Aripiprazole, an atypical antipsychotic drug with mixed antagonism and agonism on dopamine D2 and serotonin receptors, is a substrate of the efflux transporter P-glycoprotein (P-gp). Here we tested the pharmacodynamic consequences of these properties in a P-gp deficient mouse model by studying the effects of aripiprazole and of ziprasidone on motor coordination.

Methods:

The motor behaviour of wild-type (WT) and P-gp deficient [abcb1ab(−/−)] mice was investigated on a RotaRod. Mice received acute injections of either aripirazole or ziprasidone. For comparison, the dopamine receptor antagonist haloperidol and serotonin receptor ligands buspirone and ketanserin were also applied.

Results:

Pharmacokinetic analyses revealed P-gp activity for aripiprazole and ziprasidone. This was indicated by 3.1- and 1.9-fold higher ratios of brain to plasma concentrations of drugs in knock-out to WT animals. Acute doses of ariprazole or ziprasidone impaired motor behaviour on the RotaRod.
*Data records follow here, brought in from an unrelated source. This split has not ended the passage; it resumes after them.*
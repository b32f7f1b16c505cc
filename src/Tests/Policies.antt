-- ===== src/Tests/Policies.antt =====
-- Instances of the theorems on names, virtual hosts and connections.
use ngrok.Prelude.{
  ◌≤◌, true, false, List, [], ◌∷◌, ◌++◌, ◌≡◌, ◌↔◌, ◌⊎◌, refl, none, some, arith, In, All,
}
use ngrok.Prelude.Maps.{get}
use ngrok.Prelude.Text.{Text, text, text_dec, split, to_lower}
use ngrok.Msg.{Auth}
use ngrok.Cache.Lru.{new_lru_cache}
use ngrok.Server.Names.{
  all_labels_valid, valid_hostname_label, starts_with_dash, ends_in_dash, all_label_chars,
  valid_hostname, hostname_allowed, strip_host_port,
}
use ngrok.Server.Names.Labels.{valid_hostname_iff, IsHostname, valid_hostname-NameChar, NameChar}
use ngrok.Server.Names.Allowed.{hostname_allowed_iff, Below}
use ngrok.Server.Vhosts.{
  public_vhosts, normal_vhost, default_port_suffix, vhost_items, DomainTlsConfig,
}
use ngrok.Server.Vhosts.Collects.{Collects}
use ngrok.Server.Vhosts.Distinct.{public_vhosts-Collects}
use ngrok.Server.Registry.{TunnelRegistry, get_tunnel}
use ngrok.Server.Control.{new_control, started, greeting}
use ngrok.Server.Control.Admission.{IsWelcome, Refuses, new_control_lem}
use ngrok.Server.Controls.{
  Ctl, ControlRegistry, get_control, add_control, reads, deletes, adds, run_steps, start_race,
}
use ngrok.Server.Controls.Replacing.{IsConsistent, Leaves, run_steps-add_control}
use ngrok.Server.Proxies.{Use, registers, takes, expires, use_all, new_history, History}
use ngrok.Server.Proxies.Conserved.{IsConserved, use_all-IsConserved}
use ngrok.Server.Slots.{arrives, ends, Serving, start, serve_all, serve_all-bounded}
use ngrok.Server.Http.{Request, tunnelled, http_handler, http_handler_iff}
use ngrok.Server.Tls.{CertSource, World, certificate}
use ngrok.Server.Tls.Serving.{Keeps, certificate-Keeps}

valid_hostname_iff_example : (valid_hostname (text "a-b.io") ≡ true) ↔ IsHostname (text "a-b.io")
valid_hostname_iff_example = valid_hostname_iff (text "a-b.io")

valid_hostname-NameChar_example : All NameChar (text "a-b.io")
unfolding valid_hostname all_labels_valid split valid_hostname_label starts_with_dash ends_in_dash
    all_label_chars
valid_hostname-NameChar_example = valid_hostname-NameChar (text "a-b.io") refl

hostname_allowed_iff_example : (hostname_allowed (text "x.a.io") (text "a.io:8080" ∷ []) ≡ true) ↔ (
    (vhost : Text) × In vhost (text "a.io:8080" ∷ [])
    × Below (text "x.a.io") (strip_host_port vhost))
hostname_allowed_iff_example = hostname_allowed_iff (text "x.a.io") (text "a.io:8080" ∷ [])

public_vhosts-Collects_example :
    Collects
      (normal_vhost (default_port_suffix (text "http")))
      (vhost_items [] (text "a.io" ∷ text "b.io" ∷ []) 80)
      []
      (public_vhosts [] (text "a.io" ∷ text "b.io" ∷ []) (text "http") 80)
public_vhosts-Collects_example =
    public_vhosts-Collects [] (text "a.io" ∷ text "b.io" ∷ []) (text "http") 80

abbrev a_cert : DomainTlsConfig
a_cert = record { domain = text "B.io"; crt_path = text "b.crt"; key_path = text "b.key" }

abbrev old_ctl : Ctl
old_ctl = record {
  id = text "c1";
  shutdown = record { in_progress = false; begun = false; completed = false };
}

abbrev one_control : ControlRegistry
one_control = record { controls = (text "c1", 1) ∷ []; store = λ a. some old_ctl }

one_control-IsConsistent : IsConsistent one_control
unfolding get_control get text_dec
one_control-IsConsistent = record {
  own = λ k a h. (old_ctl, refl, ground (arith, h));
  named = refl;
}

known_control : get_control (text "c1") one_control ≡ some 1
unfolding get_control get text_dec
known_control = refl

run_steps-add_control_example :
    Leaves
      (text "c1")
      (some 2)
      one_control
      (run_steps 1 (adds (text "c1") 2 ∷ reads ∷ deletes ∷ []) (start_race one_control))
    × Leaves
        (text "c1")
        (some 2)
        one_control
        (run_steps 1 (reads ∷ deletes ∷ adds (text "c1") 2 ∷ []) (start_race one_control))
    × Leaves
        (text "c1")
        none
        one_control
        (run_steps 1 (reads ∷ adds (text "c1") 2 ∷ deletes ∷ []) (start_race one_control))
run_steps-add_control_example =
    run_steps-add_control (text "c1") 2 1 one_control one_control-IsConsistent (λ e. absurd cc)
      known_control

abbrev some_uses : List Use
some_uses = registers 3 ∷ registers 4 ∷ takes expires ∷ []

use_all-IsConserved_example :
    (h : History) × (use_all some_uses new_history ≡ some h) × IsConserved h
use_all-IsConserved_example =
    use_all-IsConserved some_uses (λ e. absurd cc, (λ e. absurd cc, (λ e. absurd cc, tt)))

serve_all-bounded_example :
    (s : Serving) × (serve_all (arrives ∷ arrives ∷ ends ∷ []) (start 1) ≡ some s)
    × (s.slots ≡ some (record { used = s.running; capacity = 1 }))
    × (s.running ≤ 1)
serve_all-bounded_example = serve_all-bounded 1 (arrives ∷ arrives ∷ ends ∷ [])

abbrev one_tunnel : TunnelRegistry
one_tunnel = record { tunnels = (text "http://me.a.io", 7) ∷ []; affinity = new_lru_cache 1000 }

abbrev visit : Request
visit = record { host = text "Me.a.io"; authorization = text "Basic x" }

http_handler_iff_example :
    (http_handler (λ t. text "Basic x") one_tunnel (text "http") (some visit) ≡ tunnelled 7) ↔ (
      (get_tunnel (text "http" ++ (text "://" ++ to_lower visit.host)) one_tunnel ≡ some 7)
      × ((text "Basic x" ≡ []) ⊎ (visit.authorization ≡ text "Basic x")))
http_handler_iff_example = http_handler_iff (λ t. text "Basic x") one_tunnel (text "http") visit 7

abbrev a_source : CertSource
a_source = record {
  crt_path = text "a.crt";
  key_path = text "a.key";
  cert = some 5;
  crt_mod_time = 1;
  key_mod_time = 1;
  next_check = 0;
  asset_backed = false;
}

abbrev broken : World
broken = record {
  now = 10;
  mod_time = λ p. none;
  read_file = λ p. none;
  asset = λ p. none;
  key_pair = λ c k. none;
  not_after = λ c. none;
}

certificate-Keeps_example : Keeps (certificate broken broken a_source)
certificate-Keeps_example = certificate-Keeps broken broken a_source 5 refl

abbrev login : Auth
login = record {
  version = text "2";
  mm_version = text "1.7";
  user = text "secret";
  password = [];
  os = text "linux";
  arch = text "amd64";
  client_id = text "c1";
}

new_control_lem_example :
    (IsWelcome (text "secret") (text "2") login
      → new_control (text "secret") (text "2") (text "1.7") none login 2 one_control ≡ (
        (add_control (text "c1") 2 one_control).0,
        started
            (text "c1")
            (add_control (text "c1") 2 one_control).1
            (greeting (text "2") (text "1.7") (text "c1")),
      ))
    × (¬ IsWelcome (text "secret") (text "2") login
        → Refuses
            (text "secret")
            (text "2")
            login
            one_control
            (new_control (text "secret") (text "2") (text "1.7") none login 2 one_control))
new_control_lem_example =
    new_control_lem (text "secret") (text "2") (text "1.7") none login 2 one_control
      (λ e. absurd cc)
Effects were similar after injection of haloperidol, whereas the serotonin receptor ligands buspirone and ketanserin enhanced RotaRod performance. Genotype dependent differences of motor performance were found for aripiprazole but not for ziprasidone.

Discussion:

Evidence was given that P-gp substrate properties have pharmacodynamic consequences for aripiprazole but not for ziprasidone and thus affect dopamine receptor related motor behaviour.